There are other questions like this, and the solution suggested is always to have an array of size (K, t) where K is output length and t is number of threads. This does not work for me as K might be different for each thread and each thread might need to resize the array to fit all the results it gets.

Pseudocode:

for i in prange(len(starts)):

    qs, qe, qx = starts[i], ends[i], index[i]

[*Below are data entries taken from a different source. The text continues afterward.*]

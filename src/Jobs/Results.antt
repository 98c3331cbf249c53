-- ===== src/Jobs/Results.antt =====
-- Results of jobs in typedhandler_job_sql.go: stored, read back, and waited for.
use allino.Base.{
  subst, ℕ, ◌≡◌, refl, ap, sym, ◌∙◌, Bool, true, false, List, [], ◌∷◌, map, Option, none, some,
  if◌then◌else◌, Bool-cases, Option-cases, inl, inr,
}
use allino.Base.Bytes.{Bytes, bytes_eq, bytes_eq_refl}
use allino.Jobs.Table.{
  JobMeta, Row, ResultRow, Db, Status, queued, leased, done, error, update_rows, find_row,
  find_result,
}
use allino.Jobs.Keys.{KeepsKey, find_row-map}
use allino.Jobs.Rows.{Holds-find_row}
use allino.Jobs.Queue.{has_key}
use allino.Jobs.Outcome.{
  Reply, result, answer, poll, wait, finished, stored_result, stored_row, stored_of_row,
  stored_of_result, no_job, Stored, JobInfo, fetch, info_of,
}
use allino.Jobs.Finish.{outcome, upsert_result, result_row, done_async, insert_checked, store_done}

-- `opt.Job.CacheExpire != 0`, which decides the table to read, holds where the job has a TTL.
abbrev pub has_ttl : Option ℕ → Bool
has_ttl none = false
has_ttl (some t) = true

-- The reply that carries the output and the error.
abbrev pub Delivers : Option Bytes → Option Bytes → Reply → Type 0
Delivers outjson errjson r = (r.output ≡ outjson) × (r.err ≡ errjson) × (r.syserr ≡ none)

upserted :
    (n : ResultRow) (rs : List ResultRow)
    → (q : ResultRow) × (find_result n.key (upsert_result n rs) ≡ some q)
      × (q.status ≡ n.status)
      × (q.output ≡ n.output)
      × (q.err ≡ n.err)
unfolding find_result upsert_result
upserted n [] = (n, rw (bytes_eq_refl n.key), refl, refl, refl)
upserted n (r ∷ rs) = elim (Bool-cases (bytes_eq r.key n.key)) [
  | inl e ↦ (
    record r { output = n.output; err = n.err; status = n.status; updated_at = n.updated_at },
    rw e (rw e),
    refl,
    refl,
    refl,
  )
  | inr e ↦ let (q, f, a, b, c) = upserted n rs in (q, rw e (rw e f), a, b, c)
]

delivered :
    (key : Bytes) (outjson errjson : Option Bytes) (s : Stored) (info : JobInfo)
    → info.meta.status ≡ outcome errjson
    → s.output ≡ outjson
    → s.err ≡ errjson
    → Delivers outjson errjson (answer key info s)
unfolding answer
delivered key outjson none s info st o e = rw st (o, e, refl)
delivered key outjson (some x) s info st o e = rw st (o, e, refl)

-- A row that is there keeps its key under an update of that key, and takes the new columns.
pub found_after :
    (key : Bytes) (f : Row → Row) (db : Db) (r : Row)
    → KeepsKey f
    → find_row key db.executions ≡ some r
    → find_row key (update_rows (has_key key) f db).executions ≡ some (f r)
unfolding update_rows
found_after key f db r same e =
    let at_key = (Holds-find_row key db.executions r e).1 in
    rw (find_row-map (has_key key) f key db.executions same, e, at_key, bytes_eq_refl key)

-- The reply to what a read has found.
abbrev replied : Bytes → Option Stored → Reply
replied key none = no_job
replied key (some s) = answer key (info_of none s) s

result-replied : (key : Bytes) (v : Bool) (db : Db) → result key v db ≡ replied key (fetch key v db)
unfolding result
result-replied key v db = elim (Option-cases (fetch key v db)) [
  | inl e ↦ rw (result, e)
  | inr (s, e) ↦ rw (result, e)
]

-- A read that finds a finished job gives its output and error.
read_back :
    (key : Bytes) (volatile : Bool) (outjson errjson : Option Bytes) (db : Db) (s : Stored)
    → s.status ≡ outcome errjson
    → s.output ≡ outjson
    → s.err ≡ errjson
    → fetch key volatile db ≡ some s
    → Delivers outjson errjson (result key volatile db)
read_back key volatile outjson errjson db s st o e f =
    subst (Delivers outjson errjson) (sym (result-replied key volatile db ∙ ap (replied key) f))
      (delivered key outjson errjson s (info_of none s) st o e)

module _ (now : ℕ) (handler : Bytes) (meta : JobMeta) (key : Bytes)
    (injson outjson errjson : Option Bytes) (db : Db) where
  -- Where the job's TTL is the given one, the result that is stored reads back.
  abbrev Stores : Option ℕ → Type 0
  Stores ttl =
      meta.ttl ≡ ttl
      → Delivers outjson errjson
          (result key (has_ttl ttl) (done_async now handler meta key injson outjson errjson db))

  stored_volatile : (t : ℕ) (r : Row) → find_row key db.executions ≡ some r → Stores (some t)
  unfolding done_async
  stored_volatile t r e mt =
      let write = λ (s : Row). record s {
        status = outcome errjson;
        ttl = some t;
        output = outjson;
        err = errjson;
        updated_at = now;
      } in
      let found = found_after key write db r (λ s. (refl, refl)) e in
      rw mt (
        read_back key true outjson errjson (update_rows (has_key key) write db)
          (stored_of_row (write r)) refl refl refl (ap stored_row found))

  stored_persistent : Stores none
  unfolding done_async result_row update_rows
  stored_persistent mt =
      let n = result_row now handler (record meta { ttl = none }) key injson outjson errjson in
      let (q, f, st, o, e) = upserted n db.results in
      let mark = λ (s : Row). record s { status = outcome errjson; ttl = none; updated_at = now } in
      let db' = update_rows (has_key key) mark db in
      rw mt (
        read_back key false outjson errjson (record db' { results = upsert_result n db.results })
          (stored_of_result q) st o e (ap stored_result f))

  -- DoneAsync of a job whose row is in the queue makes its output and error what Result
  -- answers, whether the job has a TTL (and its row holds them) or none (and executions_results
  -- does).
  pub done_async-result :
      (r : Row)
      → find_row key db.executions ≡ some r
      → Delivers outjson errjson (
          result key (has_ttl meta.ttl) (done_async now handler meta key injson outjson errjson db))
  done_async-result r e =
      let kept = λ (ttl : Option ℕ).
        Delivers outjson errjson
          (result key (has_ttl ttl) (done_async now handler meta key injson outjson errjson db)) in
      elim (Option-cases meta.ttl) [
        | inl q ↦ subst kept (sym q) (stored_persistent q)
        | inr (t, q) ↦ subst kept (sym q) (stored_volatile t r e q)
      ]

  -- What `Done` has done: it has failed, where the job has a TTL, or its result reads back.
  abbrev pub Answered : Option Db → Type 0
  Answered none = has_ttl meta.ttl ≡ true
  Answered (some db') = (has_ttl meta.ttl ≡ false) × Delivers outjson errjson (result key false db')

  -- Done of a job with a TTL fails, whatever the database holds; Done of a job without one
  -- succeeds, and Result then answers its output and error.
  pub store_done-Answered : Answered (store_done now handler meta key injson outjson errjson db)
  unfolding store_done insert_checked result_row
  store_done-Answered = elim (Option-cases meta.ttl) [
    | inl e ↦
        let n = result_row now handler (record meta { ttl = none }) key injson outjson errjson in
        let (q, f, st, o, x) = upserted n db.results in
        rw e (
          refl,
          read_back key false outjson errjson (record db { results = upsert_result n db.results })
              (stored_of_result q) st o x (ap stored_result f),
        )
    | inr (t, e) ↦ rw e refl
  ]

-- The first database, among those the firings see, in which the job is finished.
pub first_finished : Bytes → Bool → List Db → Option Reply
first_finished key v [] = none
first_finished key v (db ∷ dbs) =
    let rest = first_finished key v dbs in
    elim (fetch key v db) [
      | none ↦ rest
      | some s ↦ if finished s.status then some (answer key (info_of none s) s) else rest
    ]

poll-answer :
    (start wait_timeout later : ℕ) (key : Bytes) (s : Stored) (st : Status)
    → s.status ≡ st
    → poll start wait_timeout later (answer key (info_of none s) s)
      ≡ (if finished s.status then some (answer key (info_of none s) s) else none)
unfolding poll answer
poll-answer start wait_timeout later key s queued e = rw e refl
poll-answer start wait_timeout later key s leased e = rw e refl
poll-answer start wait_timeout later key s done e = rw e refl
poll-answer start wait_timeout later key s error e = rw e refl

poll-replied :
    (start wait_timeout later : ℕ) (key : Bytes) (v : Bool) (db : Db)
    → poll start wait_timeout later (result key v db) ≡ elim (fetch key v db) [
      | none ↦ none
      | some s ↦ if finished s.status then some (answer key (info_of none s) s) else none
    ]
unfolding poll answer
poll-replied start wait_timeout later key v db = elim (Option-cases (fetch key v db)) [
  | inl e ↦ rw (result-replied key v db, e)
  | inr (s, e) ↦
      rw (result-replied key v db, e) (poll-answer start wait_timeout later key s s.status refl)
]

-- Wait answers with the first finished job that a firing of its callback reads, and with
-- nothing else: it does not depend on the clock, the lease or the wait timeout.
pub wait-first_finished :
    (start wait_timeout : ℕ) (key : Bytes) (v : Bool) (firings : List (ℕ × Db))
    → wait start wait_timeout key v firings ≡ first_finished key v (map (λ f. f.1) firings)
unfolding wait first_finished
wait-first_finished start wait_timeout key v [] = refl
wait-first_finished start wait_timeout key v ((later, db) ∷ rest) =
    let step = poll-replied start wait_timeout later key v db in
    let later_on = wait-first_finished start wait_timeout key v rest in
    elim (Option-cases (fetch key v db)) [
      | inl e ↦ rw (wait, first_finished, step, e) later_on
      | inr (s, e) ↦ elim (Bool-cases (finished s.status)) [
        | inl f ↦ rw (wait, first_finished, step, e, f)
        | inr f ↦ rw (wait, first_finished, step, e, f) later_on
      ]
    ]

    results = t.search(qs, qe)

    if len(results) + nfound < len(output):
        # add result to output
    else:
        # resize array
        # then add results
The Unfun Cat
  • 29,987
  • 31
  • 114
  • 156
  • Do you know an absolute upper limit for `K`? – DavidW Nov 11 '19 at 15:14
  • No, so I am guessing this is not possible. But if so that would be an acceptable answer also if I get a short explanation :) Or with q number of queries and i intervals to search in the limit is q * i I guess, but that is prohibitively large :) – The Unfun Cat Nov 11 '19 at 15:40
  • 1
    The other thing you could do is to have each thread have a thread local C array using `malloc`, `realloc` and `free`. [This answer](https://stackoverflow.com/questions/30117132/cython-parallel-cannot-see-the-difference-in-speed/30118980#30118980) illustrates some but not all of the idea. I don't have a much enthusiasm in writing this up currently, but hopefully it's enough for you to make a start (and write an an answer yourself when you get it to work :) ) – DavidW Nov 11 '19 at 15:53

1 Answers1

3

An usual pattern is that every thread gets its own container, which is a trade-off between speed/complexity and memory-overhead:

  1. there is no need to lock for access to this container, because only one thread accesses it.
  2. there is much less overhead compared to "own container for every task (i.e. every i-value)".

After the parallel section, the data must be either collected in a final container in a post processing step (which also could happen in parallel) or the subsequent algorithms should be able to handle a collection of containers.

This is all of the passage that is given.